This proposal seeks shareholder ratification of the appointment of Assure, CPA LLC

 

INFORMATION ABOUT INDEPENDENT REGISTERED PUBLIC ACCOUNTING FIRM

 

Audit Fees

 

The aggregate fees billed for professional services rendered by the Company’s principal accountant for the audit of the annual financial statements included in the Company’s annual report on Form 10-K for the fiscal years ended December 31, 2022 and December 31, 2021 and the review for the financial statements included in the Company’s quarterly reports on Form 10-Q during those fiscal years, were $69,846 and $60,856 respectively.

 

Audit Related Fees

 

The Company incurred no fees during the last two (2) fiscal years for assurance and related services by the Company’s principal accountant that were reasonably related to the performance of the audit or review of the Company’s financial statements, and not reported under “Audit Fees” above.

 

Tax Fees

 

The Company paid fees of $7,431 in 2022 and $5,200 in 2021 to the Company’s principal accountant for tax compliance, tax advice, and tax planning services.

 

All Other Fees

 

$7,194 in other fees were incurred during 2022 and $600 in 2021 for other services rendered by the Company’s principal accountant.

 

Audit Committee Pre-Approval Policies

 

The Board of Directors has adopted an audit committee pre-approval policy. The audit committee is required to pre-approve the audit and non-audit services performed by the independent auditor in order to assure that the provision of such services do not impair the auditor’s independence.

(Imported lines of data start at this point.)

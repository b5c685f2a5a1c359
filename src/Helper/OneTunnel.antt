-- ===== src/Helper/OneTunnel.antt =====
-- The tunnels that are up, the live session and the sessions whose loops go on, in the states of
-- pkg/helper/helper.go.
pub mod Installs
pub mod Steps
use mathlib.Core.Logic.{◌⊎◌, inl, inr}
use claimward_vpn_client.Common.{
  ℕ, suc, ◌<◌, ◌==◌, ◌≡◌, refl, sym, ◌∙◌, subst, String, List, [], ◌∷◌, Option, none, some, Bool,
  true, false, Bool-cases, arith, Option-cases,
}
use claimward_vpn_client.Errors.{Result, ok, err}
use claimward_vpn_client.Lease.{Time, add_time}
use claimward_vpn_client.Wire.{ConnectSpec}
use claimward_vpn_client.Helper.State.{
  Server, Session, State, Tunnel, init, next_gen, live, is_live, stop_locked, set_lease, put,
}
use claimward_vpn_client.Helper.Enroll.{
  Env, Prepared, Target, prepare, enroll_locked, install, give_back_old, give_back_new, new_session,
  is_stale,
}
use claimward_vpn_client.Helper.Renew.{
  modify, heartbeat_call, lease_renewed, renewal_failed, drop_session, retry_delay,
}
use claimward_vpn_client.Helper.Requests.{tenants, with_bearer, down, shutdown}
use claimward_vpn_client.Helper.Steps.{
  Step, prepares, commits, heartbeats, renews, fails, drops, takes_bearer, lists, downs, shuts,
  Reach, here, next,
}

abbrev pub IsIdle : State → Type 0
IsIdle s = (s.sess ≡ none) × (s.up ≡ [])

abbrev pub IsHeld : State → Type 0
IsHeld s =
    (p : ℕ) × (sess : Session) × (s.sess ≡ some p)
    × (s.heap p ≡ some sess)
    × (sess.gen ≡ s.gen)
    × (sess.cancelled ≡ false)
    × (s.up ≡ sess.tun ∷ [])

pub record OneTunnel (s : State) : Type 0 where
  pub stage : IsIdle s ⊎ IsHeld s
  pub only_live :
      (p : ℕ) (sess : Session) → s.heap p ≡ some sess → sess.cancelled ≡ false → s.sess ≡ some p
  pub allocated : (p : ℕ) (sess : Session) → s.heap p ≡ some sess → p < s.next

pub init-OneTunnel : OneTunnel init
init-OneTunnel = record {
  stage = inl (refl, refl);
  only_live = λ p sess h. cc;
  allocated = λ p sess h. cc;
}

-- After `stopLocked` nothing is up and every loop is told to end.
pub stop-IsIdle : {s : State} → OneTunnel s → IsIdle (stop_locked s)
unfolding stop_locked
stop-IsIdle v = elim v.stage [ inl idle ↦ ground arith | inr held ↦ ground arith ]

stop-only_live :
    {s : State}
    → OneTunnel s
    → (p : ℕ) (sess : Session) → (stop_locked s).heap p ≡ some sess
    → sess.cancelled ≡ true
unfolding stop_locked
stop-only_live v p sess e = elim v.stage [
  | inl idle ↦ ground (arith, v.only_live p sess)
  | inr held ↦ ground (arith, v.only_live p sess)
]

stop-allocated :
    {s : State}
    → OneTunnel s
    → (p : ℕ) (sess : Session) → (stop_locked s).heap p ≡ some sess
    → p < (stop_locked s).next
unfolding stop_locked
stop-allocated v p sess e = elim v.stage [
  | inl idle ↦ ground (arith, v.allocated p sess)
  | inr held ↦ ground (arith, v.allocated p sess, v.allocated p held.1)
]

pub stop-OneTunnel : {s : State} → OneTunnel s → OneTunnel (stop_locked s)
stop-OneTunnel v = record {
  stage = inl (stop-IsIdle v);
  only_live = λ p sess h c. ground (arith, stop-only_live v p sess h);
  allocated = stop-allocated v;
}

-- The invariant reads neither the last error nor the requests sent.
abbrev pub AgreesOn : State → State → Type 0
AgreesOn s t =
    (s.heap ≡ t.heap) × (s.next ≡ t.next) × (s.sess ≡ t.sess) × (s.gen ≡ t.gen) × (s.up ≡ t.up)

pub restate : {s t : State} → AgreesOn s t → OneTunnel s → OneTunnel t
restate {s} {t} e v = record {
  stage = ground (arith, v.stage);
  only_live = λ p sess h c. sym e.2 ∙ v.only_live p sess ((λ i. e.0 i p) ∙ h) c;
  allocated = λ p sess h. subst (λ n. p < n) e.1 (v.allocated p sess ((λ i. e.0 i p) ∙ h));
}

The percentage of services of Audit Related Fees, Tax Fees and All Other Fees was 21.6% of the Audit Fees.

 

With respect to this proposal, you may vote “for,” “against” or “abstain” from voting on this proposal. If you “abstain” from voting with respect to this proposal, your vote will have no effect for this proposal. Broker non- votes will have no effect on the vote for this proposal. All proxies executed and returned without an indication of how shares should be voted will be voted FOR the ratification of the appointment of the independent registered public accounting firm.

 

“RESOLVED, that the shareholders of Idaho Strategic Resources, Inc. ratify the appointment of Assure, CPA LLC as the independent registered public accounting firm.”

 

THE BOARD RECOMMENDS A VOTE FOR THE RATIFICATION OF THE APPOINTMENT OF THE INDEPENDENT REGISTERED PUBLIC ACCOUNTING FIRM.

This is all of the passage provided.